Le Secrétaire général des Nations Unies, António Guterres, a lancé un appel urgent à la communauté internationale afin de renforcer la lutte contre l’épidémie d’Ebola qui sévit actuellement en République démocratique du Congo (RDC), pays déjà confronté aux conflits armés et à une situation humanitaire préoccupante, notamment dans l’Est du pays, en raison des violences et d’autres catastrophes.
Face à la presse au siège des Nations Unies à New York, jeudi 27 août 2026, le chef de l’ONU a décrit une situation particulièrement préoccupante, estimant que l’épidémie progresse aujourd’hui plus rapidement que les efforts déployés pour la contenir. Au-delà de la progression du virus Ebola, António Guterres a surtout dénoncé ce qu’il considère comme une autre menace : le manque d’attention internationale face à l’ampleur de la crise.
« Cette épidémie est celle d’Ebola qui progresse le plus rapidement jamais enregistrée. Elle se propage plus vite et s’étend plus que les mesures prises pour la contenir. Mais elle peut être stoppée. Nous savons comment contenir Ebola, comment interrompre la transmission et comment sauver des vies. Mais nous devons aussi vaincre un autre virus : le virus de l’indifférence. Car l’attention internationale, la mobilisation politique et les ressources restent en deçà de la réalité qui se déroule sur le terrain. La crise d’Ebola est avant tout une tragédie humaine qui touche des familles et des communautés à une échelle extraordinaire. Il s’agit désormais de la plus importante épidémie d’Ebola de l’histoire de la RDC » a déclaré António Guterres, Secrétaire général de l’ONU
Pour appuyer son argumentaire, il a rappelé qu’au 25 août, 5 713 cas avaient été confirmés, faisant 2 744 victimes. Avec environ 500 nouveaux cas signalés chaque semaine, l’épidémie continue de progresser. À cela s’ajoute la situation sécuritaire précaire qui prévaut dans cette partie du pays depuis plus de trois décennies.

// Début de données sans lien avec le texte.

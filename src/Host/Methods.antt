-- ===== src/Host/Methods.antt =====
-- nrf52/src/twim.rs: `read`, and `write` and `write_then_read` once their bytes are staged.
use async_on_embedded.Twim.Await.Combined.{combined_lem}
use async_on_embedded.Prelude.{
  ℕ, ◌%◌, ◌<◌, ◌≡◌, refl, ap, ◌∙◌, Option, none, some, List, [], length, subst, true, ◌⊎◌, inl, inr,
}
use async_on_embedded.Bus.{Reply}
use async_on_embedded.Bus.Registers.{load}
use async_on_embedded.Twim.{poll_write_then_read, poll_write}
use async_on_embedded.Twim.Await
use async_on_embedded.Twim.Await.{Change, answered, panicked, AllSpurious, awaited_lem, verdict}
use async_on_embedded.Twim.Staging.{Memory, Ready}
use async_on_embedded.Twim0.{short_read, short_write, not_started, Slice, Twim, Events}
use async_on_embedded.Host.{
  Outcome, Wire, IsComplete, store, replied, wire_bus, last, Host, serve, concluded, read,
}
use async_on_embedded.Host.Bytes.{load-eq, load-store, length-load}
use async_on_embedded.Host.Serving.{
  Filled, serve-write_then_read, IsClean, Sees, accumulated-Sees, forget, last-ends, host,
  concluded_last, concluded_both, serve-read, serve-write,
}

module _ (W : Wire) where
  open W use {Device}

  module _ (C : IsComplete W) (waker stack : ℕ) where
    replied-Filled :
        (error : Option ℕ) (buf : Slice) (bytes : List ℕ) (mem : Memory)
        → (error ≡ none → length bytes ≡ buf.len)
        → Filled buf (replied error bytes) (store buf.ptr bytes mem)
    replied-Filled none buf bytes mem h =
        subst (λ n. load buf.ptr n (store buf.ptr bytes mem) ≡ bytes) (h refl)
          (load-store buf.ptr bytes mem)
    replied-Filled (some e) buf bytes mem h = tt

    -- what the driver sees of a transaction that begins with clean registers
    seen :
        (address : ℕ) (bytes : List ℕ) (len : ℕ) (h : Host W)
        → IsClean h.twim
        → let r = W.transfer address bytes len h.device in Sees h.twim.events r.noise (last r)
    seen address bytes len h k =
        let r = W.transfer address bytes len h.device in
        accumulated-Sees h.twim.events r.noise (last r) k.error k.stopped
          (C.noise-AllSpurious address bytes len h.device)

    ends :
        {e : Events} (r : Outcome Device) (s : Sees e r.noise (last r))
        → (s.events.error ≡ true) ⊎ (s.events.stopped ≡ true)
    ends r s = elim (last-ends W r) [
      | inl failed ↦ inl (s.error ∙ failed)
      | inr over ↦ inr (s.stopped ∙ over)
    ]

    pub read_refines :
        (address : ℕ) (buf : Slice) (h : Host W)
        → IsClean h.twim
        → buf.len < 256
        → let (r, d) = (wire_bus W).read address buf.len h.device in
          (t : Twim) × (mem : Memory) × (read W waker stack address buf h
            ≡ some (forget r, host W t mem d))
          × Filled buf r mem
    unfolding read
    read_refines address buf h k fits =
        let r = W.transfer address [] buf.len h.device in
        let all = C.received-all address [] buf.len h.device in
        let s = seen address [] buf.len h k in
        let ((t, e), other) =
          awaited_lem waker address buf h.twim s.early (record (last r) { events = s.events })
            s.early-AllSpurious (ends r s) fits in
        let mem = store buf.ptr r.received h.mem in
        (
          t,
          mem,
          rw (serve-read W waker address buf h.twim h.mem h.device k fits, s.changes, e, s.error)
              (concluded_last W r.error buf.len (length r.received) (λ n. short_read n) t mem
                r.device r.received λ n. ap (λ k. k % 256) (all n)),
          replied-Filled r.error buf r.received h.mem all,
        )

    -- The bytes that are staged are those of the slice.
    pub staged_bytes :
        (s : Slice) (mem : Memory) (r : Slice × Memory)
        → Ready s mem r
        → load r.0.ptr r.0.len r.1 ≡ load s.ptr s.len mem
    staged_bytes s mem r made =
        ap (λ n. load r.0.ptr n r.1) made.same_len
        ∙ load-eq s.len r.0.ptr s.ptr r.1 mem made.same_bytes

    -- `write` once its bytes are staged
    abbrev pub written : ℕ → Slice → Memory → Host W → Option (Reply (Unit {0}) × Host W)
    written address s staged h =
        let (changes, mem, d) =
          serve W (poll_write waker address s not_started h.twim) staged h.device in
        concluded W (Await.write_from_ram waker address s h.twim changes) mem d

    pub forget-replied : (error : Option ℕ) → forget (replied error tt) ≡ replied error tt
    forget-replied none = refl
    forget-replied (some e) = refl

    pub write_staged :
        (address : ℕ) (s : Slice) (staged : Memory) (h : Host W)
        → IsClean h.twim
        → s.len < 256
        → let (r, d) = (wire_bus W).write address (load s.ptr s.len staged) h.device in
          (t : Twim) × (mem : Memory) × (written address s staged h ≡ some (r, host W t mem d))
    write_staged address s staged h k short =
        let bytes = load s.ptr s.len staged in
        let r = W.transfer address bytes 0 h.device in
        let (after, es) = serve-write W waker address s h.twim staged h.device k short in
        let v = seen address bytes 0 h k in
        let (other, (t, e)) =
          awaited_lem waker address s h.twim v.early (record (last r) { events = v.events })
            v.early-AllSpurious (ends r v) short in
        (
          t,
          after,
          rw (es, v.changes, e, v.error)
              (concluded_last W r.error s.len r.sent (λ n. short_write n) t after r.device tt
                  (λ n.
                    ap (λ k. k % 256)
                      (C.sent-all address bytes 0 h.device n ∙ length-load s.len s.ptr staged))
                ∙ ap (λ x. some (x, host W t after r.device)) (forget-replied r.error)),
        )

    -- `write_then_read` once its bytes are staged
    abbrev pub exchanged : ℕ → Slice → Slice → Memory → Host W → Option (Reply (Unit {0}) × Host W)
    exchanged address s rd_buf staged h =
        let (changes, mem, d) =
          serve W (poll_write_then_read waker address s rd_buf not_started h.twim) staged
            h.device in
        concluded W (Await.write_from_ram_then_read waker address s rd_buf h.twim changes) mem d

    pub write_then_read_staged :
        (address : ℕ) (s rd_buf : Slice) (staged : Memory) (h : Host W)
        → IsClean h.twim
        → s.len < 256
        → rd_buf.len < 256
        → let (r, d) =
            (wire_bus W).write_then_read address (load s.ptr s.len staged) rd_buf.len h.device in
          (t : Twim) × (mem : Memory) × (exchanged address s rd_buf staged h
            ≡ some (forget r, host W t mem d))
          × Filled rd_buf r mem
    write_then_read_staged address s rd_buf staged h k short short' =
        let bytes = load s.ptr s.len staged in
        let r = W.transfer address bytes rd_buf.len h.device in
        let all = C.received-all address bytes rd_buf.len h.device in
        let sent = C.sent-all address bytes rd_buf.len h.device in
        let es =
          serve-write_then_read W waker address s rd_buf h.twim staged h.device k short short' in
        let v = seen address bytes rd_buf.len h k in
        let (t, e) =
          combined_lem waker address s rd_buf h.twim v.early (record (last r) { events = v.events })
            v.early-AllSpurious (ends r v) in
        let mem = store rd_buf.ptr r.received staged in
        (
          t,
          mem,
          rw (es, v.changes, e, v.error)
              (concluded_both W r.error s.len rd_buf.len r.sent (length r.received) t mem r.device
                r.received
                λ n. (
                  ap (λ k. k % 256) (all n),
                  ap (λ k. k % 256) (sent n ∙ length-load s.len s.ptr staged),
                )),
          replied-Filled r.error rd_buf r.received staged all,
        )
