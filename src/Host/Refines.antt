-- ===== src/Host/Refines.antt =====
-- nrf52/src/twim.rs: the host does on memory what the bus does on lists.
use async_on_embedded.Twim0.{Twim}
use async_on_embedded.Host.{Host}
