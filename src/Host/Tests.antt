-- ===== src/Host/Tests.antt =====
-- nrf52/src/twim.rs: a wire with one device that is a file of registers.
use async_on_embedded.Prelude.{ℕ, true, false, none, List, [], ◌∷◌, length}
use async_on_embedded.Bus.Registers.{Registers, load, store_all}
use async_on_embedded.Host.{Wire, Host}
use async_on_embedded.Twim.Await.{Change}
use async_on_embedded.Twim0.{Slice, Dma}
use async_on_embedded.WakerSet.Tests.{quiet}

abbrev stored : List ℕ → Registers → Registers
stored [] r = r
stored (a ∷ rest) r = store_all a rest r

abbrev named : List ℕ → ℕ
named [] = 0
named (a ∷ rest) = a

-- the interrupt of a start
abbrev started : Change
started = record {
  events = record {
    error = false;
    stopped = false;
    rxstarted = true;
    txstarted = false;
    lastrx = false;
    lasttx = false;
  };
  errorsrc = 0;
  read_amount = 0;
  write_amount = 0;
}

abbrev file_wire : Wire
file_wire = record {
  Device = Registers;
  transfer = λ address bytes len r. record {
    error = none;
    sent = length bytes;
    received = load (named bytes) len (stored bytes r);
    device = stored bytes r;
    noise = started ∷ [];
  };
}

abbrev dma : Dma
dma = record { ptr = 0; maxcnt = 0; amount = 0 }

abbrev host : Host file_wire
host = record {
  twim = record {
    events = record started.events { rxstarted = false };
    errorsrc = 0;
    address = 0;
    rxd = dma;
    txd = dma;
    shorts = record { lasttx_startrx = false; lasttx_stop = false; lastrx_stop = false };
    tasks = [];
    unmasked = false;
    waker = none;
    world = quiet;
  };
  mem = λ a. a;
  device = λ a. 0;
}

-- two bytes in flash, and a buffer of seven
abbrev command : Slice
command = record { ptr = 0x1000; len = 2 }

abbrev buffer : Slice
buffer = record { ptr = 0x2000_0100; len = 7 }
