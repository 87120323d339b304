-- ===== src/Mutex/System.antt =====
-- async-embedded/src/unsync/mutex.rs: every interleaving of polls, guards' drops and cancelled
-- lock futures.
use async_on_embedded.Prelude.{
  ℕ, suc, ◌+◌, ◌<◌, ◌≡◌, refl, ◌≢◌, ◌⊎◌, inl, inr, Bool, true, false, Option, none, some, arith,
  Option-cases,
}
use async_on_embedded.WakerSet.Keys.{cancel_lem}
use async_on_embedded.Mutex
use async_on_embedded.Mutex.{Mutex, poll, drop_lock, drop_guard, deref_mut}
use async_on_embedded.Slab.{Slab, lookup}
use async_on_embedded.Runtime.{World, Poll, ready, pending}
use async_on_embedded.WakerSet.View.{
  view-new, new-IsValid, take_head_awake, blocked, notified, IsValid,
}
use async_on_embedded.Mutex.Locking.{CanPoll, waiting, poll_lem, drop_guard_lem}

abbrev pub granted : Poll → ℕ
granted ready = 1
granted pending = 0

abbrev pub as_number : Bool → ℕ
as_number true = 1
as_number false = 0

module _ (S : Slab) (T : Type 0) where
  -- `guards` counts the guards that are alive.
  pub record System : Type 0 where
    pub mutex : Mutex S T
    pub world : World
    pub guards : ℕ

  unfoldable pub start : T → World → System
  start t w = record { mutex = Mutex.new S T t; world = w; guards = 0 }

  pub data Step : System → System → Type 0 where
    polled :
        (s : System) (waker : ℕ) (o : Option ℕ) (p : Poll) (o' : Option ℕ) (m : Mutex S T)
        → CanPoll S T o s.mutex
        → poll S T waker o s.mutex ≡ some (p, o', m)
        → Step s (record s { mutex = m; guards = s.guards + granted p })
    released :
        (s : System) (g : ℕ)
        → s.guards ≡ suc g
        → Step s (record {
          mutex = (drop_guard S T s.mutex s.world).0;
          world = (drop_guard S T s.mutex s.world).1;
          guards = g;
        })
    cancelled :
        (s : System) (k : ℕ) (m : Mutex S T) (w : World)
        → lookup k (waiting S T s.mutex) ≢ none
        → drop_lock S T (some k) s.mutex s.world ≡ some (m, w)
        → Step s (record { mutex = m; world = w; guards = s.guards })
    written :
        (s : System) (t : T) → 0 < s.guards → Step s (record s { mutex = deref_mut S T t s.mutex })

  pub data Reach (s : System) : System → Type 0 where
    here : Reach s s
    next : {t u : System} → Reach s t → Step t u → Reach s u

  -- One guard exactly while the mutex is locked; and while it is free, nobody waits in vain: some
  -- waiter has been notified and will poll.
  pub record IsSound (s : System) : Type 0 where
    pub valid : IsValid S s.mutex.wakers
    pub owner : s.guards ≡ as_number s.mutex.locked
    pub awake :
        s.mutex.locked ≡ false
        → (blocked (waiting S T s.mutex) ≡ 0) ⊎ (0 < notified (waiting S T s.mutex))

  drop_lock-IsSound :
      (s : System) (k : ℕ) (m : Mutex S T) (w : World)
      → IsSound s
      → lookup k (waiting S T s.mutex) ≢ none
      → drop_lock S T (some k) s.mutex s.world ≡ some (m, w)
      → IsSound (record { mutex = m; world = w; guards = s.guards })
  unfolding drop_lock
  drop_lock-IsSound s k m w i r e = elim (Option-cases (lookup k (waiting S T s.mutex))) [
    | inl c ↦ absurd (r c)
    | inr (o, c) ↦
        let (t, w', b, gone, entries, world, reported, counts, less, valid) =
          cancel_lem S k o s.mutex.wakers s.world i.valid c in
        ground (arith, gone, counts, less, valid)
  ]

  pub Step-IsSound : {s t : System} → Step s t → IsSound s → IsSound t
  unfolding deref_mut
  Step-IsSound (polled s waker o p o' m c e) i =
      let (p', o'', m', polls, held, value, valid, which) =
        poll_lem S T waker o s.mutex i.valid c in
      ground (arith, polls, held, valid, which)
  Step-IsSound (released s g e) i =
      let (free, value, entries, world, told, valid) = drop_guard_lem S T s.mutex s.world i.valid in
      let awake = take_head_awake (waiting S T s.mutex) in
      record { valid = valid; owner = ground (arith, free); awake = λ h. rw entries awake }
  Step-IsSound (cancelled s k m w r e) i = drop_lock-IsSound s k m w i r e
  Step-IsSound (written s t h) i = ground arith

  start-IsSound : (t : T) (w : World) → IsSound (start t w)
  unfolding start Mutex.new
  start-IsSound t w = record {
    valid = new-IsValid S;
    owner = refl;
    awake = λ h. inl (rw (view-new S));
  }

  -- However polls, drops of guards, cancellations and writes through guards interleave, from a new
  -- mutex: at most one guard is alive, one exactly while the mutex is locked; the set of waiters
  -- stays valid; and while the mutex is free, either no waiter still holds its waker or some waiter
  -- has been notified, so no release is lost.
  pub Reach-IsSound : (t : T) (w : World) {s : System} → Reach (start t w) s → IsSound s
  Reach-IsSound t w here = start-IsSound t w
  Reach-IsSound t w (next r st) = Step-IsSound st (Reach-IsSound t w r)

« L’épidémie continue de s’étendre sur une vaste zone, les femmes et les enfants étant particulièrement touchés. Le défi est immense. Nous sommes confrontés à une urgence de santé publique dans l’un des contextes les plus fragiles au monde. Par exemple, trois décennies de conflit dans la seule province d’Ituri ont déplacé un million de personnes et ont gravement réduit leur accès à la nourriture, aux soins de santé et aux autres services essentiels. Dans toute la région, plus de 12 millions de personnes ont besoin d’aide humanitaire et de protection. Parallèlement, les systèmes de santé sont saturés. Les infrastructures sont insuffisantes. Des communautés entières restent difficiles d’accès » a déploré le Secrétaire général de l’ONU
Dans un autre registre, le Secrétaire général de l’ONU est revenu sur les sacrifices consentis par les humanitaires et les personnels de santé impliqués dans la riposte contre l’épidémie de maladie à virus Ebola. Selon António Guterres, plus de 40 agents de santé ont perdu la vie en tentant d’en sauver d’autres, tandis que d’autres ont été infectés.
« Les travailleurs de première ligne travaillent eux aussi dans des conditions périlleuses. Plus de 40 agents de santé ont perdu la vie en tentant d’en sauver d’autres. Des soignants ont été infectés. Des centres de traitement et des ambulances ont été attaqués. Le personnel humanitaire est confronté à la fois à la menace du virus et à celle de la violence. Il mérite notre reconnaissance et notre soutien » a-t-il fait savoir dans son intervention
Si l’Ouganda est parvenu à maîtriser l’épidémie d’Ebola, la situation demeure préoccupante en République démocratique du Congo. La progression de la maladie, la défiance d’une partie de la population, les insuffisances des infrastructures sanitaires et l’insécurité compliquent considérablement la riposte.
Malgré ces défis, le gouvernement congolais se veut rassurant et affiche son optimisme quant à sa capacité à contenir l’épidémie. Les autorités entendent notamment s’appuyer sur l’expérience acquise lors des 16 précédentes épidémies d’Ebola enregistrées dans le pays, ainsi que sur les mécanismes de surveillance et de riposte développés au fil des années.
Le gouvernement assure ainsi poursuivre et renforcer les efforts engagés, avec l’appui de ses partenaires techniques et financiers, afin de freiner la propagation de la maladie, protéger les populations à risque et garantir une prise en charge rapide et efficace des personnes affectées.